** Exercise input follows **

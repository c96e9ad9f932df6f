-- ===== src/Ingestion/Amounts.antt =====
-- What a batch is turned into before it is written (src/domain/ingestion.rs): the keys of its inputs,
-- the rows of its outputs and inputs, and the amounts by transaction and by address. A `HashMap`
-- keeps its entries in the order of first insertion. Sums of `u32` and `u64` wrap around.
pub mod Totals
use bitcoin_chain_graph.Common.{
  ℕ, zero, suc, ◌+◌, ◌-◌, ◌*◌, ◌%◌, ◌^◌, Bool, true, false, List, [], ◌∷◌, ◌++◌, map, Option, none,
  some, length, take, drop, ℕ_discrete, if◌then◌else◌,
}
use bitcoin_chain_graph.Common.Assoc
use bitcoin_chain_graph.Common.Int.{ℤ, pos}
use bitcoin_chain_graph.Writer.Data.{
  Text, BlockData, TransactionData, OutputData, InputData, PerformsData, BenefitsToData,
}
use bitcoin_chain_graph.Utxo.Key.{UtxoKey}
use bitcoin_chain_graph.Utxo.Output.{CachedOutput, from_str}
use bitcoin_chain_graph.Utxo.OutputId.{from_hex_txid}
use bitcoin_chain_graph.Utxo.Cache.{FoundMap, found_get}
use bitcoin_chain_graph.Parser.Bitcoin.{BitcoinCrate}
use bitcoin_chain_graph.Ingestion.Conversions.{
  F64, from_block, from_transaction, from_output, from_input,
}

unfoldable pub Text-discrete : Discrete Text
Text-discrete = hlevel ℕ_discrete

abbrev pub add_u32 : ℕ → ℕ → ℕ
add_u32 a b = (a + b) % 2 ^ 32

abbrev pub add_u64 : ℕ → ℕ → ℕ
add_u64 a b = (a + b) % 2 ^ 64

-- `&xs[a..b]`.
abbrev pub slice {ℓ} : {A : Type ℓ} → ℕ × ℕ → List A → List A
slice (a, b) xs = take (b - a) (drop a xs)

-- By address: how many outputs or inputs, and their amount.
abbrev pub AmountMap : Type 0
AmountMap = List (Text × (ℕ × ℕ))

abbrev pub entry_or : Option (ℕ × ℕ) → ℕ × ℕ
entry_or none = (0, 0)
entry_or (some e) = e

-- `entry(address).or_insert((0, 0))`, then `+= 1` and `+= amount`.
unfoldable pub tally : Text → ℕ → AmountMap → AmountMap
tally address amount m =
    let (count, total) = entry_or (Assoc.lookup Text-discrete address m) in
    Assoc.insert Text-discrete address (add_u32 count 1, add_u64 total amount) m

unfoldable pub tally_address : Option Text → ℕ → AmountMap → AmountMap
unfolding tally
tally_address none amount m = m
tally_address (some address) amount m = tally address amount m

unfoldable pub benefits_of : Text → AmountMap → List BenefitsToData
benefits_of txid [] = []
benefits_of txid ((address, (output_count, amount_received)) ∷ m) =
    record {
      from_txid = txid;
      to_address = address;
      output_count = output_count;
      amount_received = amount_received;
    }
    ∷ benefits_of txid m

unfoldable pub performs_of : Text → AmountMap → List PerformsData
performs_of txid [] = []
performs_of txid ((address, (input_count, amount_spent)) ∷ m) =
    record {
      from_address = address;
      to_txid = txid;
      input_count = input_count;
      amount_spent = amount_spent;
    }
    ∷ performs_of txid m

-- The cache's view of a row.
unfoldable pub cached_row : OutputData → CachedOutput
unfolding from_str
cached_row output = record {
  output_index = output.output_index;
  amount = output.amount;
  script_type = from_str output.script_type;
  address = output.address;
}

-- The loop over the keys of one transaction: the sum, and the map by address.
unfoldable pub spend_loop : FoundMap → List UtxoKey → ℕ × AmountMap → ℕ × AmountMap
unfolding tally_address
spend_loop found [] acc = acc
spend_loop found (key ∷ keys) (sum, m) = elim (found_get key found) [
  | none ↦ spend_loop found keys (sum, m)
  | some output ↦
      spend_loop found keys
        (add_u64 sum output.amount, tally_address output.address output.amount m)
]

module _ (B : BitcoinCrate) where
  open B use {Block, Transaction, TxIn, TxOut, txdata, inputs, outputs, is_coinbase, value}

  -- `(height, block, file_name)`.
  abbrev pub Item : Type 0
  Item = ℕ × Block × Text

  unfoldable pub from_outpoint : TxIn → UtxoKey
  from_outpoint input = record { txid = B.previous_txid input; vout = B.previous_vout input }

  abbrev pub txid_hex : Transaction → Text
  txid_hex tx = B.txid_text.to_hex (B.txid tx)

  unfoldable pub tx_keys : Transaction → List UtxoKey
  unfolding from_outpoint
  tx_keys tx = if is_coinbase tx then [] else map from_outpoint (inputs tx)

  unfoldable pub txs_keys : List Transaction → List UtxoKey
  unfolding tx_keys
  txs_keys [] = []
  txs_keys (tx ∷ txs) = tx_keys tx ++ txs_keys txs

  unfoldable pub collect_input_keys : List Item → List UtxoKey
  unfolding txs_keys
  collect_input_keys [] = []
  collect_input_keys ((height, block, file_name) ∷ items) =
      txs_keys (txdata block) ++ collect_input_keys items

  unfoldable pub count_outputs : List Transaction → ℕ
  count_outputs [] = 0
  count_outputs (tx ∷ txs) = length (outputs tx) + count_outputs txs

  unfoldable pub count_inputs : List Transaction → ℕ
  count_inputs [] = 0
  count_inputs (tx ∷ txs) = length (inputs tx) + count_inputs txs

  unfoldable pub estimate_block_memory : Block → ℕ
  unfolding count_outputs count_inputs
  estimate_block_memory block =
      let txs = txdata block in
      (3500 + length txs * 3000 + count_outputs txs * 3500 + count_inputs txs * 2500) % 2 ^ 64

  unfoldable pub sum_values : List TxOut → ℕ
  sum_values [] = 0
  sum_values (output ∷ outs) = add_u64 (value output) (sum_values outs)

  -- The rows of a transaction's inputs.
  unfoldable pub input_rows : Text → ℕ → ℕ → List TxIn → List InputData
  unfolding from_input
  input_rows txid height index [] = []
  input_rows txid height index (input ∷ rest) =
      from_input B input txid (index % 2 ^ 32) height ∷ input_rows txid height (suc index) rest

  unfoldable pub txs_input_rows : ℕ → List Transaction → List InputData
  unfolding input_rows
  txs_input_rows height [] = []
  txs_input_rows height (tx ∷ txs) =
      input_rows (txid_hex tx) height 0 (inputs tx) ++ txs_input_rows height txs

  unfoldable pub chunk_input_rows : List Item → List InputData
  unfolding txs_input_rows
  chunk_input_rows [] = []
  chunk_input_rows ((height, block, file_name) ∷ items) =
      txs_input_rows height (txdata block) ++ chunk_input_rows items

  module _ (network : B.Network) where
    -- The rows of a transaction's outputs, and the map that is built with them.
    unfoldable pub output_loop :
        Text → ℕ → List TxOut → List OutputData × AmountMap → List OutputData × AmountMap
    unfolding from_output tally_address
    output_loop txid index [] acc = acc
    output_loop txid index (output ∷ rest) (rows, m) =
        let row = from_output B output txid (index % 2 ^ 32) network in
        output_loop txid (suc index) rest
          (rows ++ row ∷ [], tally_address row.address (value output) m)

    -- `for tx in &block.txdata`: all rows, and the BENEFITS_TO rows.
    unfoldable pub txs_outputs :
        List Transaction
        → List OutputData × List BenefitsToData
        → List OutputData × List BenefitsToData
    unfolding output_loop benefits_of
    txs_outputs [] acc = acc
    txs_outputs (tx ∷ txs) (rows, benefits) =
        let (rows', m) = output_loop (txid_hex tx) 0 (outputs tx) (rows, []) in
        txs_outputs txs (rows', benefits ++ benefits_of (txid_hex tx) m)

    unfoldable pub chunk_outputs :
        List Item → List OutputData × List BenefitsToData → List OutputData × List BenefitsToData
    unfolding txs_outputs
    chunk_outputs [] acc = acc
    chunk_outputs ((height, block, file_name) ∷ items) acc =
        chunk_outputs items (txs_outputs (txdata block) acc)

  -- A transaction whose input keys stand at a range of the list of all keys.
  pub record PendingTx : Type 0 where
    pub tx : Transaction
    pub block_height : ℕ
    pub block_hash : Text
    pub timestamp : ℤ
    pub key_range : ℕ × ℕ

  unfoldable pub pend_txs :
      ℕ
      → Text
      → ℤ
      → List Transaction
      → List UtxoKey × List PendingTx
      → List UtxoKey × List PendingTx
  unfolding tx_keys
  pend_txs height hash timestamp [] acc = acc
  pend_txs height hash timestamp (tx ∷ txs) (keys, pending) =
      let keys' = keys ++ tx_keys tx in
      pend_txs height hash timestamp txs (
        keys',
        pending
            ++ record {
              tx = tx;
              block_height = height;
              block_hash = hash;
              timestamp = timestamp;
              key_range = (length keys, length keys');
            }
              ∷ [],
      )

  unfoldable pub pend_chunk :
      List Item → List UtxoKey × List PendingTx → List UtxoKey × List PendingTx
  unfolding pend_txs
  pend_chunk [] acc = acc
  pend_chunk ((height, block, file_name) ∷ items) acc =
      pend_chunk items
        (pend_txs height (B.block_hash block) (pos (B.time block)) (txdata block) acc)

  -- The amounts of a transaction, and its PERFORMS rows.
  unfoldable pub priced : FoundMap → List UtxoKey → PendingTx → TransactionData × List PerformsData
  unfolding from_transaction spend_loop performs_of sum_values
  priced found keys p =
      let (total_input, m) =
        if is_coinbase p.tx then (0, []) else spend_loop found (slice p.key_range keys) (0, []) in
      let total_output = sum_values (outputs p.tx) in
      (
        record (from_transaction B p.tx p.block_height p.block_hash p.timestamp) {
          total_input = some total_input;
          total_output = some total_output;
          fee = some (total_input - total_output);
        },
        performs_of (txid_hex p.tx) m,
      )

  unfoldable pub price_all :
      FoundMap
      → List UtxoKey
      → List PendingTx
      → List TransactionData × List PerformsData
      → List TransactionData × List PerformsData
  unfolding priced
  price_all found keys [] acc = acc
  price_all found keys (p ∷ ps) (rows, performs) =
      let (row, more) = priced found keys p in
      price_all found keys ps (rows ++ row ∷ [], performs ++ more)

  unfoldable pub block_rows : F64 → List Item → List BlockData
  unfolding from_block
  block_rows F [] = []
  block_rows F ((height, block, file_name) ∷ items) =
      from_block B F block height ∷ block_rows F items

** End of Exercise input **

Work order:
Take the records above and return, word for word, only the lines that fall from the line with "chunk_outputs [] acc = acc" to the line with "-- The amounts", both of them included.

Solution to this problem:
    chunk_outputs [] acc = acc
    chunk_outputs ((height, block, file_name) ∷ items) acc =
        chunk_outputs items (txs_outputs (txdata block) acc)

  -- A transaction whose input keys stand at a range of the list of all keys.
  pub record PendingTx : Type 0 where
    pub tx : Transaction
    pub block_height : ℕ
    pub block_hash : Text
    pub timestamp : ℤ
    pub key_range : ℕ × ℕ

  unfoldable pub pend_txs :
      ℕ
      → Text
      → ℤ
      → List Transaction
      → List UtxoKey × List PendingTx
      → List UtxoKey × List PendingTx
  unfolding tx_keys
  pend_txs height hash timestamp [] acc = acc
  pend_txs height hash timestamp (tx ∷ txs) (keys, pending) =
      let keys' = keys ++ tx_keys tx in
      pend_txs height hash timestamp txs (
        keys',
        pending
            ++ record {
              tx = tx;
              block_height = height;
              block_hash = hash;
              timestamp = timestamp;
              key_range = (length keys, length keys');
            }
              ∷ [],
      )

  unfoldable pub pend_chunk :
      List Item → List UtxoKey × List PendingTx → List UtxoKey × List PendingTx
  unfolding pend_txs
  pend_chunk [] acc = acc
  pend_chunk ((height, block, file_name) ∷ items) acc =
      pend_chunk items
        (pend_txs height (B.block_hash block) (pos (B.time block)) (txdata block) acc)

  -- The amounts of a transaction, and its PERFORMS rows.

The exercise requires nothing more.